I have always loved the idea that I can use my art to strengthen family bonds, from young children to parents and grandparents, sharing in an experience created through my work. My line of Can You Find? hidden object greeting cards are a good example of that. It might start as a game for kids, but soon everyone is drawn into the fun, bringing family members together for a moment of joy. I have illustrated many activity pages throughout my career — mostly around nature themes.
I thought perhaps I could also use my art to capture snapshots of beautiful moments in time — those little pockets of joy in nature or with family we often take for granted. After all, a meaningful life is built by stringing these seemingly small moments together and cherishing each one with the people we love.
I began to think about the scenes that played most clearly in my memory — my grandfather’s sprinkling can, ants marching on a bleeding heart, the delight of catching a butterfly in flight — and how I could bring them to life through an art medium.

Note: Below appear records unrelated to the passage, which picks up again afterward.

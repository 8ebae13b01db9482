-- ===== src/Auth/Preserved/Sequences.antt =====
-- A registration keeps the spent rows of the tables spent, and so does a sequence of requests.
use zhiniu.Prelude.{ℕ, refl, Option, none, some, List, [], ◌∷◌, ◌++◌, arith}
use zhiniu.AccessControl.Store.{User, RegistrationInviteRecord}
use zhiniu.Auth.Store.{AuthDb, Request, BetaInviteRecipientRecord}
use zhiniu.Auth.Safe.{Safe, returned, Safe->>=, Safe-then, Safe-except, Safe-after}
use zhiniu.Auth.Legal.{Acceptances}
use zhiniu.Auth.Registration.{register, register_recipient, with_registration, finish_registration}
use zhiniu.Auth.Service.{
  Operation, registers, logs_in, authenticates, elevates, revokes_all, logs_out, revokes, verifies,
  verifies_code, resends, requests_reset, confirms_reset, accepts_documents, run, run_all,
}
use zhiniu.Auth.Preserved.{
  Kept, Kept-refl, Kept-trans, mapped_invites, elsewhere, created_session, created_verification,
  delivered_email,
}
use zhiniu.Auth.Preserved.Requests.{
  login-Kept, confirm_password_reset-Kept, accept_legal_documents-Kept, logout-Kept,
  verify_email-Kept, request_password_reset-Kept, verify_email_code-Kept, resend_verification-Kept,
  elevate_operator_session-Kept, revoke_all_sessions-Kept, revoke_session-Kept, authenticate-Kept,
}

module _ (rq : Request) (db : AuthDb) where
  register_recipient-Kept :
      (base db' : AuthDb) (recipient : Option BetaInviteRecipientRecord)
      → Kept base db'
      → Kept base (register_recipient rq db' recipient)
  register_recipient-Kept base db' none k = k
  register_recipient-Kept base db' (some recipient) k = elsewhere base db' _ k refl refl refl refl

  with_registration-Kept :
      (user : User) (invite : RegistrationInviteRecord)
      (recipient : Option BetaInviteRecipientRecord) (acceptances : Acceptances)
      → Kept db (with_registration rq db user invite recipient acceptances)
  unfolding with_registration
  with_registration-Kept user invite recipient acceptances =
      register_recipient-Kept db _ recipient (
        elsewhere db _ _
          (mapped_invites db db (db.access.users ++ user ∷ []) _ (λ i. ground arith)
            (λ i h. ground arith) (Kept-refl db))
          refl refl refl refl)

  pub finish_registration-Kept :
      (db' : AuthDb) (user : User)
      → Kept db db'
      → Safe (λ p. Kept db p.1) (finish_registration rq db' user)
  unfolding finish_registration
  finish_registration-Kept db' user k = Safe-then (created_session db rq db' user k) λ p h.
      Safe-then (created_verification db rq p.1 user h)
        λ q e. returned (delivered_email db rq q.1 e)

  register-Kept :
      (email password code : List ℕ) (acceptances : Acceptances)
      → Safe (λ p. Kept db p.1) (register rq db email password code acceptances)
  unfolding register
  register-Kept email password code acceptances =
      search (Safe->>=, Safe-except, finish_registration-Kept, with_registration-Kept) depth 8

-- One request, and a sequence of them.
pub run-Kept : (o : Request × Operation) (db : AuthDb) → Kept db (run o db)
unfolding run
run-Kept (rq, registers email password code acceptances) db =
    Safe-after (Kept db) (Kept-refl db) (register-Kept rq db email password code acceptances)
run-Kept (rq, logs_in email password) db =
    Safe-after (Kept db) (Kept-refl db) (login-Kept rq db email password)
run-Kept (rq, authenticates token) db = authenticate-Kept rq db token
run-Kept (rq, elevates token minutes) db =
    Safe-after (Kept db) (Kept-refl db) (elevate_operator_session-Kept rq db token minutes)
run-Kept (rq, revokes_all user_id) db = revoke_all_sessions-Kept rq db user_id
run-Kept (rq, logs_out token) db = logout-Kept rq db token
run-Kept (rq, revokes user_id session_id) db = revoke_session-Kept rq db user_id session_id
run-Kept (rq, verifies token) db =
    Safe-after (Kept db) (Kept-refl db) (verify_email-Kept rq db token)
run-Kept (rq, verifies_code user_id code) db =
    Safe-after (Kept db) (Kept-refl db) (verify_email_code-Kept rq db user_id code)
run-Kept (rq, resends user_id) db =
    Safe-after (Kept db) (Kept-refl db) (resend_verification-Kept rq db user_id)
run-Kept (rq, requests_reset email) db =
    Safe-after (Kept db) (Kept-refl db) (request_password_reset-Kept rq db email)
run-Kept (rq, confirms_reset token password) db =
    Safe-after (Kept db) (Kept-refl db) (confirm_password_reset-Kept rq db token password)
run-Kept (rq, accepts_documents user_id acceptances) db =
    Safe-after (Kept db) (Kept-refl db) (accept_legal_documents-Kept rq db user_id acceptances)

pub run_all-Kept : (os : List (Request × Operation)) (db : AuthDb) → Kept db (run_all os db)
run_all-Kept [] db = Kept-refl db
run_all-Kept (o ∷ os) db =
    Kept-trans db (run o db) (run_all os (run o db)) (run-Kept o db) (run_all-Kept os (run o db))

I love illustration using watercolor, gouache, or pen and ink, but I also really like working with paper.
When I was a teenager, I had a small business selling quilled decorative items at craft shows with my sister. After college, and once I started my professional illustrating career, I tried to hide the quilling paper in the attic, thinking I would never do it again. But somehow those quilled shapes — whether hauling back out that paper or even in my illustrations — kept finding me. Even my very first letterhead I designed for my illustration business was a pen-and-ink line drawing of a quilled border.

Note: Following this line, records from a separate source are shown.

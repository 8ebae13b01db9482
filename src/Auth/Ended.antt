-- ===== src/Auth/Ended.antt =====
-- What a request that ends sessions or tokens leaves.
use zhiniu.Prelude.{
  ℕ, true, false, not, ◌≡◌, refl, sym, subst, none, some, List, arith, ◌==◌, ==_iff, find-holds,
  any_by, any_by-false, Bool-cases, inl, inr,
}
use mathlib.Core.Option.{some-injective}
use zhiniu.DateTime.{not_after}
use zhiniu.AccessControl.Store.{User}
use zhiniu.AccessControl.Entitlements.{get_user}
use zhiniu.Auth.Store.{
  UserSessionRecord, PasswordResetTokenRecord, AuthDb, Request, ok, err, password_reset_invalid,
}
use zhiniu.Auth.Safe.{Safe, returned, Safe->>=, Safe-or_raise, Safe-require, Safe-eq-ok}
use zhiniu.Auth.Service.{Operation, run, run_all, logs_out, revokes, revokes_all}
use zhiniu.Auth.Preserved.{revoked, reset_spent}
use zhiniu.Auth.Preserved.Sequences.{run_all-Kept}
use zhiniu.Auth.Kept.{IsSpent, map-IsSpent}
use zhiniu.Auth.Sessions.{
  authenticate, is_empty, operator_elevation, hash_token, is_active, session_by_hash,
}
use zhiniu.Auth.Sessions.Ending.{
  is_open_session, logout, revoke_session, revoke_all_sessions, validate_csrf,
}
use zhiniu.Auth.Passwords.{
  is_unused_reset, reset_by_hash, reset_password, confirm_password_reset, validate_password,
}

-- What a confirmed reset has found.
pub record IsReset (rq : Request) (db : AuthDb) (token password : List ℕ) (p : Unit {0} × AuthDb)
    : Type 0 where
  pub row : PasswordResetTokenRecord
  pub user : User
  pub found : reset_by_hash db (hash_token rq token) ≡ some row
  pub unused : is_unused_reset row ≡ true
  pub in_time : not_after row.expires_at rq.now ≡ false
  pub owner : get_user db.access row.user_id ≡ some user
  pub active : is_active user ≡ true
  pub written : p.1 ≡ reset_password rq db row user password

pub confirm_password_reset-IsReset :
    (rq : Request) (db : AuthDb) (token password : List ℕ)
    → Safe (IsReset rq db token password) (confirm_password_reset rq db token password)
unfolding confirm_password_reset
confirm_password_reset-IsReset rq db token password =
    Safe->>= (validate_password password rq.settings.auth_password_min_length) λ _ _.
      Safe-or_raise (reset_by_hash db (hash_token rq token)) _ λ row h.
        Safe-require (is_unused_reset row) _ λ i.
          Safe-require (not (not_after row.expires_at rq.now)) _ λ j.
            Safe-or_raise (get_user db.access row.user_id) _ λ user k.
              Safe-require (is_active user) _ λ l. returned (record {
                row = row;
                user = user;
                found = h;
                unused = i;
                in_time = ground (arith, j);
                owner = k;
                active = l;
                written = refl;
              })

-- A spent reset token is refused.
pub spent_reset :
    (rq : Request) (db : AuthDb) (token password : List ℕ)
    → validate_password password rq.settings.auth_password_min_length ≡ ok tt
    → IsSpent (λ t. t.token_hash) reset_spent (rq.sha256 token) db.resets
    → confirm_password_reset rq db token password ≡ err password_reset_invalid
unfolding confirm_password_reset
spent_reset rq db token password fine (t, found, gone) = rw (fine, found) (ground arith)

-- A revoked session is of no use.
pub record IsUseless (rq : Request) (db : AuthDb) (token : List ℕ) : Type 0 where
  pub no_account : (authenticate rq db token).0 ≡ none
  pub no_elevation : operator_elevation rq db token ≡ none
  pub no_csrf : (csrf_token : List ℕ) → validate_csrf rq db token csrf_token ≡ false

pub revoked-IsUseless :
    (rq : Request) (db : AuthDb) (token : List ℕ)
    → IsSpent (λ s. s.token_hash) revoked (rq.sha256 token) db.sessions
    → IsUseless rq db token
unfolding authenticate operator_elevation validate_csrf
revoked-IsUseless rq db token (s, found, gone) = record {
  no_account = ground (arith, found, gone);
  no_elevation = ground (arith, found, gone);
  no_csrf = λ csrf_token. ground (arith, found, gone);
}

module _ (rq : Request) (db : AuthDb) (token password : List ℕ) (p : Unit {0} × AuthDb)
    (h : confirm_password_reset rq db token password ≡ ok p) where
  reset_of : IsReset rq db token password p
  reset_of = Safe-eq-ok p (confirm_password_reset-IsReset rq db token password) h

  owner_id : reset_of.user.id ≡ reset_of.row.user_id
  owner_id =
      (==_iff _ _).0
        (find-holds (λ u. u.id == reset_of.row.user_id) db.access.users _ reset_of.owner)

  -- After a password is reset with a token, no session that the owner of the token had can be used
  -- again: whatever requests follow, its token is not authenticated, it has no operator elevation,
  -- and every csrf token is refused.
  pub reset_ends_sessions :
      (os : List (Request × Operation)) (later : Request) (row : PasswordResetTokenRecord)
      (s : UserSessionRecord) (session_token : List ℕ)
      → reset_by_hash db (rq.sha256 token) ≡ some row
      → session_by_hash db (later.sha256 session_token) ≡ some s
      → s.user_id ≡ row.user_id
      → IsUseless later (run_all os p.1) session_token
  reset_ends_sessions os later row s session_token found_row found same =
      let r = reset_of in
      revoked-IsUseless later (run_all os p.1) session_token (
        (run_all-Kept os p.1).sessions (later.sha256 session_token) (
          subst (λ t. IsSpent (λ s. s.token_hash) revoked (later.sha256 session_token) t.sessions)
            (sym r.written)
            (map-IsSpent (λ s. s.token_hash) revoked _ db.sessions (later.sha256 session_token) s
              (λ x. ground arith) found
              (ground (arith, owner_id, found_row, r.found, same, some-injective row r.row)))))

  -- A reset token works once: whatever requests follow, a reset with it and with any password that
  -- is long enough is refused as invalid.
  pub reset_once :
      (os : List (Request × Operation)) (later : Request) (again : List ℕ)
      → later.sha256 ≡ rq.sha256
      → validate_password again later.settings.auth_password_min_length ≡ ok tt
      → confirm_password_reset later (run_all os p.1) token again ≡ err password_reset_invalid
  reset_once os later again same fine =
      let r = reset_of in
      spent_reset later (run_all os p.1) token again fine (
        (run_all-Kept os p.1).resets (later.sha256 token) (
          subst (λ t. IsSpent (λ t. t.token_hash) reset_spent (later.sha256 token) t.resets)
            (sym r.written)
            (map-IsSpent (λ t. t.token_hash) reset_spent _ db.resets (later.sha256 token) r.row
              (λ x. ground arith) (rw same r.found) (ground arith))))

-- A request that is to end a session.
pub data Ends (rq : Request) (s : UserSessionRecord) : Operation → Type 0 where
  by_token :
      (token : List ℕ)
      → s.token_hash ≡ rq.sha256 token
      → is_empty token ≡ false
      → Ends rq s (logs_out token)
  by_owner : Ends rq s (revokes s.user_id s.id)
  by_all : Ends rq s (revokes_all s.user_id)

-- A session that its owner ends, by logging out, by its identifier or with all the others, is of no
-- use to its token again, whatever requests follow.
pub ended_session :
    (rq : Request) (db : AuthDb) (o : Operation) (os : List (Request × Operation)) (later : Request)
    (s : UserSessionRecord) (token : List ℕ)
    → Ends rq s o
    → session_by_hash db (later.sha256 token) ≡ some s
    → IsUseless later (run_all os (run (rq, o) db)) token
unfolding run logout revoke_session revoke_all_sessions
ended_session rq db o os later s token e found =
    revoked-IsUseless later _ token
      ((run_all-Kept os (run (rq, o) db)).sessions (later.sha256 token) (ended e))
  where
    ended :
        {o : Operation}
        → Ends rq s o
        → IsSpent (λ s. s.token_hash) revoked (later.sha256 token) (run (rq, o) db).sessions
    ended (by_token t same full) =
        rw (full, run, logout)
          (map-IsSpent (λ s. s.token_hash) revoked _ db.sessions (later.sha256 token) s
            (λ x. ground arith) found (ground arith))
    ended by_owner = elim (Bool-cases (any_by (is_open_session s.user_id s.id) db.sessions)) [
      | inl some_open ↦
          rw (some_open, run, revoke_session)
            (map-IsSpent (λ s. s.token_hash) revoked _ db.sessions (later.sha256 token) s
              (λ x. ground arith) found (ground arith))
      | inr none_open ↦
          rw (none_open, run, revoke_session)
            (
              s,
              found,
              ground (
                arith,
                any_by-false (is_open_session s.user_id s.id)
                    (λ s. s.token_hash == later.sha256 token) db.sessions s none_open found,
              ),
            )
    ]
    ended by_all =
        map-IsSpent (λ s. s.token_hash) revoked _ db.sessions (later.sha256 token) s
          (λ x. ground arith) found (ground arith)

In the end, I realized I didn’t have to choose between paper and the paint mediums I love — I could combine both.
I thought it would be fun to see if I could take a flat, watercolor illustration, and bring three-dimensional elements into the painting, seamlessly blending the two in order to create a flow between different dimensions. This is how I began to develop my paper sculptures.

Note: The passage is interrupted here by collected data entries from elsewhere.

-- ===== src/Auth/Entering.antt =====
-- Login with a password, and the new password after a reset.
use zhiniu.Prelude.{
  ℕ, true, false, not, ◌&&◌, ◌≡◌, refl, sym, ◌∙◌, subst, ap, inl, inr, some, List, [], ◌∷◌, ◌++◌,
  find, any_by, any_by-find, find-append_none, find-map, find-holds, arith, if◌then◌else◌, ◌==◌,
  ==_iff, ==_refl, Option-cases,
}
use mathlib.Core.Option.{some-injective}
use zhiniu.DateTime.{DateTime, before, add_days}
use zhiniu.AccessControl.Store.{User}
use zhiniu.AccessControl.Entitlements.{get_user}
use zhiniu.Auth.Store.{
  UserSessionRecord, PasswordResetTokenRecord, AuthDb, Request, ok, err, invalid_credentials,
}
use zhiniu.Auth.Safe.{Safe, returned, Safe-or_raise, Safe-require, Safe-eq-ok}
use zhiniu.Auth.Sessions.{
  AuthenticatedSession, is_active, is_empty, session_row, create_session_record, login,
  user_by_email, normalize_email, change_user, authenticate, verify_current_password,
  user_to_domain, hash_token, is_live, session_by_hash,
}
use zhiniu.Auth.Sessions.Ending.{validate_csrf}
use zhiniu.Auth.Passwords.{confirm_password_reset, reset_by_hash, reset_password}
use zhiniu.Auth.Ended.{confirm_password_reset-IsReset}

abbrev pub seen_at : DateTime → User → User
seen_at now u = record u { last_login_at = some now }

-- A login that succeeds.
pub record IsLogin (rq : Request) (db : AuthDb) (email password : List ℕ)
    (p : AuthenticatedSession × AuthDb) : Type 0 where
  pub user : User
  pub until : DateTime
  pub found : user_by_email db (normalize_email rq email) ≡ some user
  pub active : is_active user ≡ true
  pub verified : rq.verify_password password user.password_hash ≡ true
  pub ends : add_days rq.settings.auth_session_days rq.now ≡ some until
  pub fresh : any_by (λ s. s.token_hash == hash_token rq rq.token) db.sessions ≡ false
  pub users : p.1.access.users ≡ change_user user.id (seen_at rq.now) db.access.users
  pub sessions : p.1.sessions ≡ db.sessions ++ session_row rq user.id until ∷ []
  pub token : p.0.token ≡ rq.token
  pub csrf_token : p.0.csrf_token ≡ rq.csrf_token

pub login-IsLogin :
    (rq : Request) (db : AuthDb) (email password : List ℕ)
    → Safe (IsLogin rq db email password) (login rq db email password)
unfolding login create_session_record
login-IsLogin rq db email password =
    Safe-or_raise (user_by_email db (normalize_email rq email)) _ λ user a.
      Safe-require (is_active user) _ λ b.
        Safe-require (rq.verify_password password user.password_hash) _ λ c.
          Safe-or_raise (add_days rq.settings.auth_session_days rq.now) _ λ until d.
            Safe-require (not (any_by (λ s. s.token_hash == hash_token rq rq.token) db.sessions)) _
              λ e. returned (record {
                user = user;
                until = until;
                found = a;
                active = b;
                verified = c;
                ends = d;
                fresh = ground (arith, e);
                users = refl;
                sessions = refl;
                token = refl;
                csrf_token = refl;
              })

-- A login is refused as one of unknown credentials whenever no user has the address, the user is not
-- active, or the password is not the user's; the answer does not tell which.
pub login_refused :
    (rq : Request) (db : AuthDb) (email password : List ℕ)
    → ((user : User)
        → user_by_email db (normalize_email rq email) ≡ some user
        → (is_active user && rq.verify_password password user.password_hash) ≡ false)
    → login rq db email password ≡ err invalid_credentials
unfolding login
login_refused rq db email password wrong =
    elim (Option-cases (user_by_email db (normalize_email rq email))) [
      | inl unknown ↦ rw unknown refl
      | inr (user, known) ↦ rw known (ground (arith, wrong user known))
    ]

-- A user is found by the identifier after a change of other columns.
changed_user :
    (f : User → User) (users : List User) (user : User)
    → ((u : User) → (f u).id ≡ u.id)
    → find (λ u. u.id == user.id) users ≡ some user
    → find (λ u. u.id == user.id) (change_user user.id f users) ≡ some (f user)
changed_user f users user same found =
    find-map (λ u. u.id == user.id) (λ u. if u.id == user.id then f u else u) users user
      (λ u. ground (arith, same u)) found
    ∙ ap some (rw (==_refl user.id) refl)

-- A live row lets its token in.
live_row :
    (rq : Request) (db : AuthDb) (token csrf_token : List ℕ) (row : UserSessionRecord) (user : User)
    → is_empty token ≡ false
    → is_empty csrf_token ≡ false
    → session_by_hash db (hash_token rq token) ≡ some row
    → is_live rq.now row ≡ true
    → get_user db.access row.user_id ≡ some user
    → is_active user ≡ true
    → row.csrf_token_hash ≡ hash_token rq csrf_token
    → ((authenticate rq db token).0 ≡ some (user_to_domain user))
      × (validate_csrf rq db token csrf_token ≡ true)
unfolding authenticate validate_csrf
live_row rq db token csrf_token row user full csrf_full found live owner active csrf = (
  rw (full, found, live, owner, active) refl,
  rw (full, csrf_full, found, live, csrf) (==_refl (hash_token rq csrf_token)),
)

-- The token of a login is authenticated as the user, and its csrf token is accepted with it, at
-- every moment before the session ends, where the user is found by the identifier.
pub login_authenticates :
    (rq : Request) (db : AuthDb) (email password : List ℕ) (p : AuthenticatedSession × AuthDb)
    (later : Request) (user : User) (until : DateTime)
    → login rq db email password ≡ ok p
    → user_by_email db (normalize_email rq email) ≡ some user
    → get_user db.access user.id ≡ some user
    → add_days rq.settings.auth_session_days rq.now ≡ some until
    → later.sha256 ≡ rq.sha256
    → before later.now until ≡ true
    → is_empty rq.token ≡ false
    → is_empty rq.csrf_token ≡ false
    → ((authenticate later p.1 p.0.token).0 ≡ some (user_to_domain (seen_at rq.now user)))
      × (validate_csrf later p.1 p.0.token p.0.csrf_token ≡ true)
login_authenticates rq db email password p later user until h by_email by_id ends same in_time full
      csrf =
    let r = Safe-eq-ok p (login-IsLogin rq db email password) h in
    let same_user = some-injective r.user user (sym r.found ∙ by_email) in
    let same_end = some-injective r.until until (sym r.ends ∙ ends) in
    live_row later p.1 p.0.token p.0.csrf_token (session_row rq user.id until) (seen_at rq.now user)
      (rw r.token full) (rw r.csrf_token csrf)
      (rw (r.sessions, r.token, same_user, same_end, same)
        (find-append_none (λ s. s.token_hash == rq.sha256 rq.token) db.sessions
          (session_row rq user.id until)
          (any_by-find (λ s. s.token_hash == rq.sha256 rq.token) db.sessions r.fresh)
          (==_refl (rq.sha256 rq.token))))
      in_time
      (rw (r.users, same_user)
        (changed_user (seen_at rq.now) db.access.users user (λ u. refl) by_id))
      (subst (λ u. is_active u ≡ true) same_user r.active) (rw (r.csrf_token, same) refl)

current_after :
    (rq : Request) (db : AuthDb) (row : PasswordResetTokenRecord) (user : User) (password : List ℕ)
    (later : Request)
    → find (λ u. u.id == user.id) db.access.users ≡ some user
    → is_active user ≡ true
    → later.verify_password password (rq.hash_password password) ≡ true
    → verify_current_password later (reset_password rq db row user password) user.id password ≡ true
unfolding verify_current_password
current_after rq db row user password later found active law =
    let with_password : User → User = λ u. record u {
      password_hash = rq.hash_password password;
      password_changed_at = some rq.now;
    } in
    rw
      (
        verify_current_password,
        changed_user with_password db.access.users user (λ u. refl) found,
        active,
      )
      law

-- After a password is reset, the new password is the current one of the token's owner, where the
-- library accepts a password with its own hash.
pub reset_sets_password :
    (rq : Request) (db : AuthDb) (token password : List ℕ) (p : Unit {0} × AuthDb)
    (row : PasswordResetTokenRecord) (later : Request)
    → confirm_password_reset rq db token password ≡ ok p
    → reset_by_hash db (rq.sha256 token) ≡ some row
    → later.verify_password password (rq.hash_password password) ≡ true
    → verify_current_password later p.1 row.user_id password ≡ true
reset_sets_password rq db token password p row later h found law =
    let r = Safe-eq-ok p (confirm_password_reset-IsReset rq db token password) h in
    let same_row = some-injective r.row row (sym r.found ∙ found) in
    let own =
      (==_iff _ _).0 (find-holds (λ u. u.id == r.row.user_id) db.access.users r.user r.owner) in
    rw (r.written, ap (λ t. t.user_id) (sym same_row), sym own)
      (current_after rq db r.row r.user password later (rw own r.owner) r.active law)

While I hope there’s a day nobody ever has to go through cancer, if I didn’t get cancer, I never would have built a signature style that truly shows who I am as an artist and as a person. That’s partly why this large-scale “Charming Victorian Country Garden Retreat,” open now at the Mansion at Strathmore, means so much to me. It’s a joyful celebration of how far I’ve come on my journey, both personally and professionally, and a symbol of how much is possible moving forward.
I imagined for this installation sitting on a porch enjoying a cup of tea while reading a book or sketching, all while taking the time to slow down and enjoy the surroundings. You can watch a kitten play with a ball of string, see the chipmunk collect acorns, follow butterflies as they flutter around blooming roses all while hearing birds chirping in the background.
Moments similar to these are happening all around us every day, often rushed past or taken for granted. But I cannot imagine a world without these little moments, and I want you to slow down and savor them with me. I am thrilled, honored and so excited to be part of the Paper Works show, which is open through Oct. 31, at the Mansion at Strathmore in Bethesda, Maryland.
My art celebrates family and bringing families together as they discover all the surprises hidden in my work. It’s all made out of paper and watercolor and gouache. And hopefully “Charming Victorian Country Garden Retreat” will remind people that it is the little moments in life — in our surroundings, in our own habitat, as well as in nature’s habitats — that are the most important and should be taken care of, nurtured and loved.